(What is being asked) After locating the line that contains "token = record" in the data below, set down exactly that line and each one after it through the line that contains "200000000000 u).0 ≡ ok true)", and nothing more.
=== Section Start ===
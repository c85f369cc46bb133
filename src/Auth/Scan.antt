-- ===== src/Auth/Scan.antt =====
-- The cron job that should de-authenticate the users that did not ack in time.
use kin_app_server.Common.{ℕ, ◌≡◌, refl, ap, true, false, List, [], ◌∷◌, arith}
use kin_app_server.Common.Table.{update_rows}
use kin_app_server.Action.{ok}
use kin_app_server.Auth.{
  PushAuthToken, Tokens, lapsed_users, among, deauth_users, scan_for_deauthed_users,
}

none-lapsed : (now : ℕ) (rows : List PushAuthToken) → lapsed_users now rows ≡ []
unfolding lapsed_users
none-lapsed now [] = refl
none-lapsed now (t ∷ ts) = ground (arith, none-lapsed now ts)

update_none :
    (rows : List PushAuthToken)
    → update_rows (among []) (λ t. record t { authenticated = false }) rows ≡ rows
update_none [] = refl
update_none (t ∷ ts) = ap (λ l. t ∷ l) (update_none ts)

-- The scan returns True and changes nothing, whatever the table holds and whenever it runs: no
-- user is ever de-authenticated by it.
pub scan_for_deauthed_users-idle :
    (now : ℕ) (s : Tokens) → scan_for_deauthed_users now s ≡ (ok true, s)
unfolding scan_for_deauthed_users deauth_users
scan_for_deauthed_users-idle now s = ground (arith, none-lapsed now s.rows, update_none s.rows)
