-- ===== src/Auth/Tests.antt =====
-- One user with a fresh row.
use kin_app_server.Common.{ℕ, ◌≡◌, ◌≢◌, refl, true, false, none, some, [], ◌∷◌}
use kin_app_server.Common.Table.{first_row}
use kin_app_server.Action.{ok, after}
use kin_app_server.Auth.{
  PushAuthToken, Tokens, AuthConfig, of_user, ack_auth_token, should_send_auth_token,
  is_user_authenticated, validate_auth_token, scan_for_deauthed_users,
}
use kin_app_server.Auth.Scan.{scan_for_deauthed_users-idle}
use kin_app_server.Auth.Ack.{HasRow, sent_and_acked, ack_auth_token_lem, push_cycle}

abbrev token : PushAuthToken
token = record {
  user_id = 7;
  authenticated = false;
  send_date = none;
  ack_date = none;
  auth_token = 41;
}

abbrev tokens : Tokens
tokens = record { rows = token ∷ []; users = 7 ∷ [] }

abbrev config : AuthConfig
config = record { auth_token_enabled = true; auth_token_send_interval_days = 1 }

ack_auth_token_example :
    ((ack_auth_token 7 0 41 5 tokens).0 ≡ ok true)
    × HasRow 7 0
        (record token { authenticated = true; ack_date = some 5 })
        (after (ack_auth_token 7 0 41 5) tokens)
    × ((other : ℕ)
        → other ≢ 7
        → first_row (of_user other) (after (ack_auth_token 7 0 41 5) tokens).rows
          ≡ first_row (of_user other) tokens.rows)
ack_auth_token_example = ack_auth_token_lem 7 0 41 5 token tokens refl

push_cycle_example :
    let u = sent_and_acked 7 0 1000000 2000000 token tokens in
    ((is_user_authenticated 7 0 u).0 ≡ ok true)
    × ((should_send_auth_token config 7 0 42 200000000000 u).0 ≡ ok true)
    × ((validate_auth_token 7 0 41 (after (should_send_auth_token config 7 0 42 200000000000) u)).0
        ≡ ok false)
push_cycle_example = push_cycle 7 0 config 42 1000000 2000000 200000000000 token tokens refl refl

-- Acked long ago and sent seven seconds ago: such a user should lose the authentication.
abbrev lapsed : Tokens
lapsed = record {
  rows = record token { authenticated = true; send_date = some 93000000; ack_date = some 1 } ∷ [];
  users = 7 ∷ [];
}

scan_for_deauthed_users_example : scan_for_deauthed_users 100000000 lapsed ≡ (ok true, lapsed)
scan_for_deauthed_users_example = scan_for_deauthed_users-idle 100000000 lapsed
=== Section End ===
=== Section Start ===
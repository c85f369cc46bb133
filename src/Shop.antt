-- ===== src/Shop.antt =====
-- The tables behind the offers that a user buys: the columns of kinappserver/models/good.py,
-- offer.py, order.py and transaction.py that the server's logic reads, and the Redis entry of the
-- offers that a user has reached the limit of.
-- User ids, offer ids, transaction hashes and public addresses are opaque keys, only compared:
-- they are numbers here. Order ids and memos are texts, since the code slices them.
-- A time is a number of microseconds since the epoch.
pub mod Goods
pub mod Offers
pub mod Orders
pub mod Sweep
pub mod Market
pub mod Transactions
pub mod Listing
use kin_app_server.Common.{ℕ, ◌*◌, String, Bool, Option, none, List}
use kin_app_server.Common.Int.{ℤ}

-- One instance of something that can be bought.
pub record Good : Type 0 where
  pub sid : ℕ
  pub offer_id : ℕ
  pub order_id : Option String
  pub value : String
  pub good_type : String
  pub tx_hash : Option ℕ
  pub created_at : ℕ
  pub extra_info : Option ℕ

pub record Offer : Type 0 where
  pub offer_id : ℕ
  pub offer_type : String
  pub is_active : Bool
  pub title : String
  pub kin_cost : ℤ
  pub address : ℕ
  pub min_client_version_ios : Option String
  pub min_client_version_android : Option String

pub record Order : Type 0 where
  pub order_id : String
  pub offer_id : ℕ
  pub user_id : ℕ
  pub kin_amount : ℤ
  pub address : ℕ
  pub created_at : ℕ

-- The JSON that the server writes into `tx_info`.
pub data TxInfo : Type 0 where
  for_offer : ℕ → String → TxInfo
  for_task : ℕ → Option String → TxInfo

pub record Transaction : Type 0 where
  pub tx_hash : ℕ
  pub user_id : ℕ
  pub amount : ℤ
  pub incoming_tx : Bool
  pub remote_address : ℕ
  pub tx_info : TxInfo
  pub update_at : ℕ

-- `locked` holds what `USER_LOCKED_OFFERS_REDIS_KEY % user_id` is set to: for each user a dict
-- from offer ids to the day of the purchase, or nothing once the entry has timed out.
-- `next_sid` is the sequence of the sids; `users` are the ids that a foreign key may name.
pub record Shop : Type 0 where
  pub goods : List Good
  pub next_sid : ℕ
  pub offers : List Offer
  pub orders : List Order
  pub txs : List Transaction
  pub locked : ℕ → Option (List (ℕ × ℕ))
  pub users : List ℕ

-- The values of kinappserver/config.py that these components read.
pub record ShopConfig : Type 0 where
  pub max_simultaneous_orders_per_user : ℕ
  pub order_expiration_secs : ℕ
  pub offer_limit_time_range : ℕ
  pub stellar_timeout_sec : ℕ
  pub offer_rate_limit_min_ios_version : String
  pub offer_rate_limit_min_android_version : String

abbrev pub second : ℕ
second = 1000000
=== Section End ===
(Solution to the exercise)
token = record {
  user_id = 7;
  authenticated = false;
  send_date = none;
  ack_date = none;
  auth_token = 41;
}

abbrev tokens : Tokens
tokens = record { rows = token ∷ []; users = 7 ∷ [] }

abbrev config : AuthConfig
config = record { auth_token_enabled = true; auth_token_send_interval_days = 1 }

ack_auth_token_example :
    ((ack_auth_token 7 0 41 5 tokens).0 ≡ ok true)
    × HasRow 7 0
        (record token { authenticated = true; ack_date = some 5 })
        (after (ack_auth_token 7 0 41 5) tokens)
    × ((other : ℕ)
        → other ≢ 7
        → first_row (of_user other) (after (ack_auth_token 7 0 41 5) tokens).rows
          ≡ first_row (of_user other) tokens.rows)
ack_auth_token_example = ack_auth_token_lem 7 0 41 5 token tokens refl

push_cycle_example :
    let u = sent_and_acked 7 0 1000000 2000000 token tokens in
    ((is_user_authenticated 7 0 u).0 ≡ ok true)
    × ((should_send_auth_token config 7 0 42 200000000000 u).0 ≡ ok true)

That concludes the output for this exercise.